Precisei passar por uns dois pontos de ônibus equilibrando uma mochila cheia de coisas e um guarda-chuva enorme e molhado sem me mexer um milímetro. Não havia condições de seguir em frente, devido à multidão centenária e às curvas acentuadas do percurso, sempre feitas com grande habilidade do motorista – veloz como o próprio deus Hermes. Mas eu e os demais passageiros, sofrendo como titãs no Tártaro, pensávamos: “devagar, motô, Você não tá carregando boi não...”
Então, chegamos a um impasse: um novo ponto de ônibus. Só que, dessa vez, cheio de gente. O que fazer? Pensei rápido. Aproveitei o veículo parado e fui me espremendo e pedindo desculpas, para poder passar. Após muito esforço, ultrapassei a catraca e me sentei perto do cobrador, pois era a cadeira mais próxima. E fiquei olhando a janela, a paisagem e implorando que aquele ônibus chegasse logo ao seu destino, pois queria muito dar um abraço na minha filha. Estava meio desligado, distante, até que uma movimentação incomum chamou minha atenção.
Um jovem, devia ter seus 25 anos, trajando uniforme do Serviço Ambulatorial Móvel de Urgência (o famoso SAMU), entregou seu cartão de vale-transporte ao cobrador. Primeira tentativa. Cartão recusado. Segunda tentativa. Cartão recusado. Terceira, quarta, quinta... Recusado. Recusado. Recusado. O coitado estava visivelmente cansado, com sono, olhos vermelhos – muito provavelmente acabara de sair de um plantão bem puxado. À sua frente, o cobrador mostrava um cartazinho safado que dizia: “Caso o cartão esteja sem créditos ou com defeito, o usuário deverá PAGAR a passagem.”
“Puta que pariu!” – pensei. Eu já passei por isso. Quem nunca vivenciou essa cena pode imaginar a situação: as pessoas subiam cada vez mais, os idosos se espremiam para dar passagem, outros, sem entender nada, reclamavam que a fila não andava... E o rapaz balançava a cabeça, muito provavelmente, dizendo “estou sem dinheiro...”
Ah! Não consegui me conter. Levantei e entreguei ao cobrador o valor da passagem.
Silêncio no ônibus. Acho que se instalou um vácuo de consciência tão grande que mais parecia a ativação de uma tecla “mute”, no controle (remoto) da vida. Todos pararam de conversar, de reclamar, de se mexer para assistir à cena.
O rapaz falou que não precisava, que iria descer... Mas eu o interrompi. E disse, em alto e bom som: “Nem pensar, meu amigo: você faria muito mais por qualquer um de nós, se fosse preciso.” – E voltei a minha cadeira. Voltei a olhar a janela, a chuva (que começa a parar) e a pensar que aquele dia tinha tudo para ser o pior domingo de todos. Mas entendi que era para eu estar naquela hora, naquele ônibus (e não no outro, mal-educado). Na minha dose diária de exercício da gentileza.

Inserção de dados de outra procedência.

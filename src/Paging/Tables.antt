-- ===== src/Paging/Tables.antt =====
-- The loop over the tables of a process's directory.
use mathlib.Core.Path.{subst}
use raw_os.Common.{
  ℕ, suc, ◌+◌, ◌≤◌, ◌<◌, ◌≡◌, ◌≢◌, refl, sym, ap, ◌∙◌, true, false, ◌&&◌, Bool-cases, inl, inr,
  eq_or_lt, ◌==◌, arith,
}
use raw_os.Bitmap.Laws.{bit_of}
use raw_os.Paging.{Paging, table_of}
use raw_os.Paging.Removal.{
  on_stack, shows, frame_of, goes, OwnsPages, TableCleaned, IsCleaned, keeps, keeps-shows,
  keeps-goes, shows_if_it_goes,
}

module _ {M : Type 0} (s s1 : Paging M) (d n i : ℕ) (owns : OwnsPages s d (suc n) i)
    (a : TableCleaned s d i s1) where
  table_same : (k : ℕ) → i + 1 ≤ k → k < i + suc n → table_of s1 d k ≡ table_of s d k
  table_same k le lt = (keeps s s1 d i n k 0 owns a le lt).0

  frame_same : (k x : ℕ) → i + 1 ≤ k → k < i + suc n → frame_of s1 d k x ≡ frame_of s d k x
  frame_same k x le lt = ap (λ p. p.frame_address_20_bits) (keeps s s1 d i n k x owns a le lt).1

  shown_before :
      (k x : ℕ) → i + 1 ≤ k → k < i + suc n → shows s1 d k x ≡ true → shows s d k x ≡ true
  shown_before k x le lt e = sym (keeps-shows s s1 d k x (keeps s s1 d i n k x owns a le lt)) ∙ e

  -- The pages of the tables behind the swept one keep their frames.
  pub OwnsPages-next : OwnsPages s1 d n (i + 1)
  OwnsPages-next = record {
    valid = a.valid;
    separate = λ k l le kl lt some_table e.
        owns.separate k l (omega arith) kl (omega arith)
          (λ z. some_table (table_same k le (omega arith) ∙ z))
          (sym (table_same k le (omega arith)) ∙ (e ∙ table_same l (omega arith) (omega arith)));
    inside = λ k x le lt lx e. omega (
      arith,
      frame_same k x le (omega arith),
      a.frames_size,
      owns.inside k x (omega arith) (omega arith) lx (shown_before k x le (omega arith) e),
    );
    in_use = λ k x le lt lx e.
        let before = shown_before k x le (omega arith) e in
        ap (bit_of s1.available_frames) (frame_same k x le (omega arith))
        ∙ (a.kept (frame_of s d k x) (λ y ly g f. absurd (
              omega (
                arith,
                le,
                (owns.distinct i y k x (omega arith) (omega arith) ly (omega arith) (omega arith) lx
                    (shows_if_it_goes s d i y g) before f).0,
              )))
            ∙ owns.in_use k x (omega arith) (omega arith) lx before);
    distinct = λ k x l y le lt lx le' lt' ly e e' f.
        owns.distinct k x l y (omega arith) (omega arith) lx (omega arith) (omega arith) ly
          (shown_before k x le (omega arith) e) (shown_before l y le' (omega arith) e')
          (sym (frame_same k x le (omega arith)) ∙ (f ∙ frame_same l y le' (omega arith)));
  }

  module _ (s2 : Paging M) (b : IsCleaned s1 d n (i + 1) s2) where
    -- The rest of the loop does not touch the swept table.
    same_entry :
        (x : ℕ)
        → table_of s1 d i ≡ table_of s d i
        → table_of s1 d i ≢ 0
        → s2.page_tables (table_of s1 d i) x ≡ s1.page_tables (table_of s1 d i) x
    same_entry x e some_table = b.pages (table_of s1 d i) x λ k le lt nz q.
        owns.separate i k (omega arith) (omega arith) (omega arith) (λ z. some_table (e ∙ z))
          (sym e ∙ (sym q ∙ table_same k le (omega arith)))

    shows_same : (x : ℕ) → shows s2 d i x ≡ shows s1 d i x
    shows_same x = elim (Bool-cases (table_of s1 d i == 0)) [
      | inl z ↦ rw (b.tables i (omega arith), z) refl
      | inr nz ↦ elim a.here [
        | inl z ↦ absurd (ground (arith, nz, z))
        | inr e ↦ rw (b.tables i (omega arith), same_entry x e (ground (arith, nz))) refl
      ]
    ]

    here_freed :
        (x : ℕ)
        → x < 1024
        → goes s d i x ≡ true
        → bit_of s2.available_frames (frame_of s d i x) ≡ false
    here_freed x lx e =
        b.kept (frame_of s d i x) (λ k y le lt ly g f. absurd (
          omega (
            arith,
            le,
            (owns.distinct k y i x (omega arith) (omega arith) ly (omega arith) (omega arith) lx
                (shown_before k y le (omega arith) (shows_if_it_goes s1 d k y g))
                (shows_if_it_goes s d i x e) (sym (frame_same k y le (omega arith)) ∙ f)).0,
          )))
        ∙ a.freed x lx e

    pub IsCleaned-next : IsCleaned s d (suc n) i s2
    IsCleaned-next = record {
      valid = b.valid;
      frames_size = b.frames_size ∙ a.frames_size;
      gone = λ k x le lt lx. elim (eq_or_lt i k le) [
        | inl same ↦
            subst (λ m. shows s2 d m x ≡ (shows s d m x && on_stack m x)) same
              (shows_same x ∙ a.gone x lx)
        | inr l ↦
            b.gone k x (omega arith) (omega arith) lx
            ∙ ap (λ t. t && on_stack k x)
                (keeps-shows s s1 d k x (keeps s s1 d i n k x owns a (omega arith) lt))
      ];
      freed = λ k x le lt lx e. elim (eq_or_lt i k le) [
        | inl same ↦
            subst (λ m. goes s d m x ≡ true → bit_of s2.available_frames (frame_of s d m x) ≡ false)
              same (here_freed x lx) e
        | inr l ↦
            ap (bit_of s2.available_frames) (sym (frame_same k x (omega arith) lt))
            ∙ b.freed k x (omega arith) (omega arith) lx
                (keeps-goes s s1 d k x (keeps s s1 d i n k x owns a (omega arith) lt) ∙ e)
      ];
      kept = λ f none_has.
          b.kept f (λ k x le lt lx g q.
            none_has k x (omega arith) (omega arith) lx
              (sym (keeps-goes s s1 d k x (keeps s s1 d i n k x owns a le (omega arith))) ∙ g)
              (sym (frame_same k x le (omega arith)) ∙ q))
          ∙ a.kept f (λ x lx g. none_has i x (omega arith) (omega arith) lx g);
      tables = λ k lt. b.tables k (omega arith) ∙ a.tables k (omega arith);
      pages = λ t x apart.
          b.pages t x (λ k le lt nz e.
            apart k (omega arith) (omega arith) (λ z. nz (table_same k le (omega arith) ∙ z))
              (sym (table_same k le (omega arith)) ∙ e))
          ∙ a.pages t x (apart i (omega arith) (omega arith));
    }
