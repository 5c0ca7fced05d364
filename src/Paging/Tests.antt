-- ===== src/Paging/Tests.antt =====
-- Examples for paging.c: a directory with one table, at 0x5000, for the first 4 MB above 1 GB.
use raw_os.Common.{
  ℕ, zero, suc, ◌+◌, ◌*◌, ◌%◌, ◌^◌, ◌<◌, ◌≡◌, refl, true, [], ◌∷◌, some, get_elem?, ok, Returns,
  ◌==◌, if◌then◌else◌, arith,
}
use raw_os.Bitmap.{Bitmap}
use raw_os.Bitmap.Laws.{IsValid}
use raw_os.Paging.{
  PageEntry, zero_entry, Paging, Platform, write, get_physical_address_of_virtual_address,
  page_exist, paging_create_process_page_with_any_frame,
}
use raw_os.Paging.Create.{IsMapped, paging_create_process_page-IsMapped}

-- Frames 0 to 9 are in use, and so is frame 12.
abbrev frames : Bitmap
frames = record { bytes = 0xff ∷ 0b00010011 ∷ []; size = 2 }

frames-IsValid : IsValid frames
frames-IsValid = record { has_size = refl; no_wrap = omega arith; are_bytes = bytes }
  where
    bytes : (i v : ℕ) → get_elem? frames.bytes i ≡ some v → v < 256
    bytes zero v e = ground arith
    bytes (suc zero) v e = ground arith
    bytes (suc (suc i)) v e = ground arith

abbrev page : ℕ → PageEntry
page frame = record zero_entry { present = true; writable = true; frame_address_20_bits = frame }

abbrev pages : ℕ → PageEntry
pages k = if k == 0 then page 3 else if k == 1 then page 8 else zero_entry

-- The machine is the bytes of its memory.
abbrev plain : Platform (ℕ → ℕ)
plain = record {
  kalloc_alloc_aligned = λ s size alignment. ok (0x9000, s);
  kalloc_free = λ m address. m;
  paging_copy_frame = λ m target source. m;
  read_byte = λ m address. m address;
  write_byte = λ m address value. write m address value;
}

abbrev small : Paging (ℕ → ℕ)
small = record {
  machine = λ address. 0;
  available_frames = frames;
  kernel_page_directory = 0x1000;
  directories = λ d. record {
    tables = λ i. if i == 256 then 0x5000 else 0;
    tables_x86_representation = λ i. 0;
  };
  page_tables = λ t k. pages k;
}

paging_create_process_page-IsMapped_example :
    Returns (paging_create_process_page_with_any_frame plain small 0x2000 262149 true) λ r.
      IsMapped small 0x5000 5 true r
      × (page_exist (r.1) 0x2000 262149 ≡ true)
      × (get_physical_address_of_virtual_address (r.1) 0x2000 (262149 * 4096 + 7)
          ≡ ok ((r.0 * 4096 + 7) % 2 ^ 32))
paging_create_process_page-IsMapped_example =
    paging_create_process_page-IsMapped plain small 0x2000 262149 13 7 true (λ e. ground (arith, e))
      refl frames-IsValid (omega arith) refl refl (omega arith)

(Guilherme Ramos, 31/01/2012, 22h13, lutando contra um sono tão estranho que mais parece meu corpo e mente conspirando para que eu não escrevesse esse texto. Mas, como sou “do contra”... Ei-lo! Rssss... Interessante: o sono PASSOU! Kkkkkkkkkk...)
Ah! E exercitando - mais uma vez - a gentileza, sugiro que assistam a esse vídeo maravilhoso, sobre o mesmo tema:
Vamos exercitar a GENTILEZA mais vezes? Nós só temos a LUCRAR!